▸ Exercise details
Nothing in the data may be altered; restate all of it exactly.

Data entries
= = = = = = =

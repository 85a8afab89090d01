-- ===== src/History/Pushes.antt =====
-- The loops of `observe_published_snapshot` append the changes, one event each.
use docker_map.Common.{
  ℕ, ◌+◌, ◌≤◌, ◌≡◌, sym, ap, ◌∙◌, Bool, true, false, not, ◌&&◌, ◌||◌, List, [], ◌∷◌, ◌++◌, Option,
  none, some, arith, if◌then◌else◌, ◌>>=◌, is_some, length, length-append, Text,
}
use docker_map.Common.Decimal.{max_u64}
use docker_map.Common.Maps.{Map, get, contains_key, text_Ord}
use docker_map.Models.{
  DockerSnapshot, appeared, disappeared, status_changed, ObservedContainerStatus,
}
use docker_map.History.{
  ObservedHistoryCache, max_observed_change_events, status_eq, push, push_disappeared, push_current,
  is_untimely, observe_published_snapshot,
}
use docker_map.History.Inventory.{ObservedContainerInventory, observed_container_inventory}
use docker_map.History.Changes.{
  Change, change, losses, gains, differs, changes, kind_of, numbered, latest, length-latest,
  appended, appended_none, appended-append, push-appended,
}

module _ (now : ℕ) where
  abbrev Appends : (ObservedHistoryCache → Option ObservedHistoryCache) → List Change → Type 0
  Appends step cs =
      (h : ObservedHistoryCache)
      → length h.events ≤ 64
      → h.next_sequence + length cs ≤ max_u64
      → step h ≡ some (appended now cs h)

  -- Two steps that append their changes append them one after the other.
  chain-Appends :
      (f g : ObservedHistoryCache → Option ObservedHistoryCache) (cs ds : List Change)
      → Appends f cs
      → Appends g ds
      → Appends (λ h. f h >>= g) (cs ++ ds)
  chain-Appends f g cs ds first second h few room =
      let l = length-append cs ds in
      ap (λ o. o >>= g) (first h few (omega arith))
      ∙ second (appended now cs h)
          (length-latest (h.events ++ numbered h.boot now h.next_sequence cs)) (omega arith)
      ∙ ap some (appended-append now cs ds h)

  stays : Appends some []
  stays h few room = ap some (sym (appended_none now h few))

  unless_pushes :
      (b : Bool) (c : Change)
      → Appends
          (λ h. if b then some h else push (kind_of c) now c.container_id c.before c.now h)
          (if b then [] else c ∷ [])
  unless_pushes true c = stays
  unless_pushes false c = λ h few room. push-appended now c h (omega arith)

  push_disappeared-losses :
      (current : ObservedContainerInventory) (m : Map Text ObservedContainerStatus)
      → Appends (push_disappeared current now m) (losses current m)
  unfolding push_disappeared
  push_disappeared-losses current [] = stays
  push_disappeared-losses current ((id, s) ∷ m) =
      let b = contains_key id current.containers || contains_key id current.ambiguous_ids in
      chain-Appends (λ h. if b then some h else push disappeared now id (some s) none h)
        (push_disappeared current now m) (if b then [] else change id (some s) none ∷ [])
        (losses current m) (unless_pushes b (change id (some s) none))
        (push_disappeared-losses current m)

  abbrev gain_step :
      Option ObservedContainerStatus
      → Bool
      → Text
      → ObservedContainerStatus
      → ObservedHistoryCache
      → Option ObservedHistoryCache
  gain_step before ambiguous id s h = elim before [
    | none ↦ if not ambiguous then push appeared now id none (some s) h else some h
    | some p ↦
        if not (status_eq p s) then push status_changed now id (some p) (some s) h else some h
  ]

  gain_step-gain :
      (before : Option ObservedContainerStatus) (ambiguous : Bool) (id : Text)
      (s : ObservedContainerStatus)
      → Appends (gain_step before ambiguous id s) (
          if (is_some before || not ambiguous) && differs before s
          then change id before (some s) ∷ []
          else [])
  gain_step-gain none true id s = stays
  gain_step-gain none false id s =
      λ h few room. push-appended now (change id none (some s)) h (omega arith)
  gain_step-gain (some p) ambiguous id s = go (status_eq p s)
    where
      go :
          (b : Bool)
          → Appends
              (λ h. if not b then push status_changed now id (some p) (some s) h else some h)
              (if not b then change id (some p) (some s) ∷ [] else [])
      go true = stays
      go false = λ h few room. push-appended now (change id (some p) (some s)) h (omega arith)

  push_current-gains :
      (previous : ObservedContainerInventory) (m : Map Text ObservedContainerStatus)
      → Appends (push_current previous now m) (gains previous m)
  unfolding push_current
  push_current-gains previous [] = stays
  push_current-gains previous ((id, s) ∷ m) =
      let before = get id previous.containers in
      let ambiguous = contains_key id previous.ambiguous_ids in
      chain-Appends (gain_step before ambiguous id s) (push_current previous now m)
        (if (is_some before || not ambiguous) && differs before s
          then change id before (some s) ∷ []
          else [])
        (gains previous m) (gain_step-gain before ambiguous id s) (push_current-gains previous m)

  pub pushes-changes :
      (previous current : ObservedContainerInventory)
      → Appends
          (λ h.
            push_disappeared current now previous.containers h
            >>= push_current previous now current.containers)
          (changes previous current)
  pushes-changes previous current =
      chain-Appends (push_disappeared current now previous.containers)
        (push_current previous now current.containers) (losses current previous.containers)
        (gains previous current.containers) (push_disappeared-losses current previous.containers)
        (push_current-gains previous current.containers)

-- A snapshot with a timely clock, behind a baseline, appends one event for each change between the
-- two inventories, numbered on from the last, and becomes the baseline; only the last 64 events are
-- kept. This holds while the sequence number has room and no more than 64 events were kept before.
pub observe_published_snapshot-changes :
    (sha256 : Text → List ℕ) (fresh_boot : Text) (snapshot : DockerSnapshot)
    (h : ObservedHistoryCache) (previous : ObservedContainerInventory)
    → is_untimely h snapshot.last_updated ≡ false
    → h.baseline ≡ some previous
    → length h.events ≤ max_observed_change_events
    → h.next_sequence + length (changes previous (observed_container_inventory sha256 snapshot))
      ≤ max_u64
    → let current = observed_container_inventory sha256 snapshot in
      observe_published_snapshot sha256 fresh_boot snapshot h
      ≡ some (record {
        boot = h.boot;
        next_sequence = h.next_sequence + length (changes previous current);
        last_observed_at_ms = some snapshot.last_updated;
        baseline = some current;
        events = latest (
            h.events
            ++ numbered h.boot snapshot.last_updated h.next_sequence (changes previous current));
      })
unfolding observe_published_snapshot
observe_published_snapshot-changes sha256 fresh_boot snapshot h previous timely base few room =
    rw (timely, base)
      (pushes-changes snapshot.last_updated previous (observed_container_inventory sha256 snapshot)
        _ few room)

= = = = = = =

▸ Reply to the task
repository 85a8afab89090d01
-- ===== src/History/Pushes.antt =====
-- The loops of `observe_published_snapshot` append the changes, one event each.
use docker_map.Common.{
  ℕ, ◌+◌, ◌≤◌, ◌≡◌, sym, ap, ◌∙◌, Bool, true, false, not, ◌&&◌, ◌||◌, List, [], ◌∷◌, ◌++◌, Option,
  none, some, arith, if◌then◌else◌, ◌>>=◌, is_some, length, length-append, Text,
}
use docker_map.Common.Decimal.{max_u64}
use docker_map.Common.Maps.{Map, get, contains_key, text_Ord}
use docker_map.Models.{
  DockerSnapshot, appeared, disappeared, status_changed, ObservedContainerStatus,
}
use docker_map.History.{
  ObservedHistoryCache, max_observed_change_events, status_eq, push, push_disappeared, push_current,
  is_untimely, observe_published_snapshot,
}
use docker_map.History.Inventory.{ObservedContainerInventory, observed_container_inventory}
use docker_map.History.Changes.{
  Change, change, losses, gains, differs, changes, kind_of, numbered, latest, length-latest,
  appended, appended_none, appended-append, push-appended,
}

module _ (now : ℕ) where
  abbrev Appends : (ObservedHistoryCache → Option ObservedHistoryCache) → List Change → Type 0
  Appends step cs =
      (h : ObservedHistoryCache)
      → length h.events ≤ 64
      → h.next_sequence + length cs ≤ max_u64
      → step h ≡ some (appended now cs h)

  -- Two steps that append their changes append them one after the other.
  chain-Appends :
      (f g : ObservedHistoryCache → Option ObservedHistoryCache) (cs ds : List Change)
      → Appends f cs
      → Appends g ds
      → Appends (λ h. f h >>= g) (cs ++ ds)
  chain-Appends f g cs ds first second h few room =
      let l = length-append cs ds in
      ap (λ o. o >>= g) (first h few (omega arith))
      ∙ second (appended now cs h)
          (length-latest (h.events ++ numbered h.boot now h.next_sequence cs)) (omega arith)
      ∙ ap some (appended-append now cs ds h)

  stays : Appends some []
  stays h few room = ap some (sym (appended_none now h few))

  unless_pushes :
      (b : Bool) (c : Change)
      → Appends
          (λ h. if b then some h else push (kind_of c) now c.container_id c.before c.now h)
          (if b then [] else c ∷ [])
  unless_pushes true c = stays
  unless_pushes false c = λ h few room. push-appended now c h (omega arith)

  push_disappeared-losses :
      (current : ObservedContainerInventory) (m : Map Text ObservedContainerStatus)
      → Appends (push_disappeared current now m) (losses current m)
  unfolding push_disappeared
  push_disappeared-losses current [] = stays
  push_disappeared-losses current ((id, s) ∷ m) =
      let b = contains_key id current.containers || contains_key id current.ambiguous_ids in
      chain-Appends (λ h. if b then some h else push disappeared now id (some s) none h)
        (push_disappeared current now m) (if b then [] else change id (some s) none ∷ [])
        (losses current m) (unless_pushes b (change id (some s) none))
        (push_disappeared-losses current m)

  abbrev gain_step :
      Option ObservedContainerStatus
      → Bool
      → Text
      → ObservedContainerStatus
      → ObservedHistoryCache
      → Option ObservedHistoryCache
  gain_step before ambiguous id s h = elim before [
    | none ↦ if not ambiguous then push appeared now id none (some s) h else some h
    | some p ↦
        if not (status_eq p s) then push status_changed now id (some p) (some s) h else some h
  ]

  gain_step-gain :
      (before : Option ObservedContainerStatus) (ambiguous : Bool) (id : Text)
      (s : ObservedContainerStatus)
      → Appends (gain_step before ambiguous id s) (
          if (is_some before || not ambiguous) && differs before s
          then change id before (some s) ∷ []
          else [])
  gain_step-gain none true id s = stays
  gain_step-gain none false id s =
      λ h few room. push-appended now (change id none (some s)) h (omega arith)
  gain_step-gain (some p) ambiguous id s = go (status_eq p s)
    where
      go :
          (b : Bool)
          → Appends
              (λ h. if not b then push status_changed now id (some p) (some s) h else some h)
              (if not b then change id (some p) (some s) ∷ [] else [])
      go true = stays
      go false = λ h few room. push-appended now (change id (some p) (some s)) h (omega arith)

  push_current-gains :
      (previous : ObservedContainerInventory) (m : Map Text ObservedContainerStatus)
      → Appends (push_current previous now m) (gains previous m)
  unfolding push_current
  push_current-gains previous [] = stays
  push_current-gains previous ((id, s) ∷ m) =
      let before = get id previous.containers in
      let ambiguous = contains_key id previous.ambiguous_ids in
      chain-Appends (gain_step before ambiguous id s) (push_current previous now m)
        (if (is_some before || not ambiguous) && differs before s
          then change id before (some s) ∷ []
          else [])
        (gains previous m) (gain_step-gain before ambiguous id s) (push_current-gains previous m)

  pub pushes-changes :
      (previous current : ObservedContainerInventory)
      → Appends
          (λ h.
            push_disappeared current now previous.containers h
            >>= push_current previous now current.containers)
          (changes previous current)
  pushes-changes previous current =
      chain-Appends (push_disappeared current now previous.containers)
        (push_current previous now current.containers) (losses current previous.containers)
        (gains previous current.containers) (push_disappeared-losses current previous.containers)
        (push_current-gains previous current.containers)

-- A snapshot with a timely clock, behind a baseline, appends one event for each change between the
-- two inventories, numbered on from the last, and becomes the baseline; only the last 64 events are
-- kept. This holds while the sequence number has room and no more than 64 events were kept before.
pub observe_published_snapshot-changes :
    (sha256 : Text → List ℕ) (fresh_boot : Text) (snapshot : DockerSnapshot)
    (h : ObservedHistoryCache) (previous : ObservedContainerInventory)
    → is_untimely h snapshot.last_updated ≡ false
    → h.baseline ≡ some previous
    → length h.events ≤ max_observed_change_events
    → h.next_sequence + length (changes previous (observed_container_inventory sha256 snapshot))
      ≤ max_u64
    → let current = observed_container_inventory sha256 snapshot in
      observe_published_snapshot sha256 fresh_boot snapshot h
      ≡ some (record {
        boot = h.boot;
        next_sequence = h.next_sequence + length (changes previous current);
        last_observed_at_ms = some snapshot.last_updated;
        baseline = some current;
        events = latest (
            h.events
            ++ numbered h.boot snapshot.last_updated h.next_sequence (changes previous current));
      })
unfolding observe_published_snapshot
observe_published_snapshot-changes sha256 fresh_boot snapshot h previous timely base few room =
    rw (timely, base)
      (pushes-changes snapshot.last_updated previous (observed_container_inventory sha256 snapshot)
        _ few room)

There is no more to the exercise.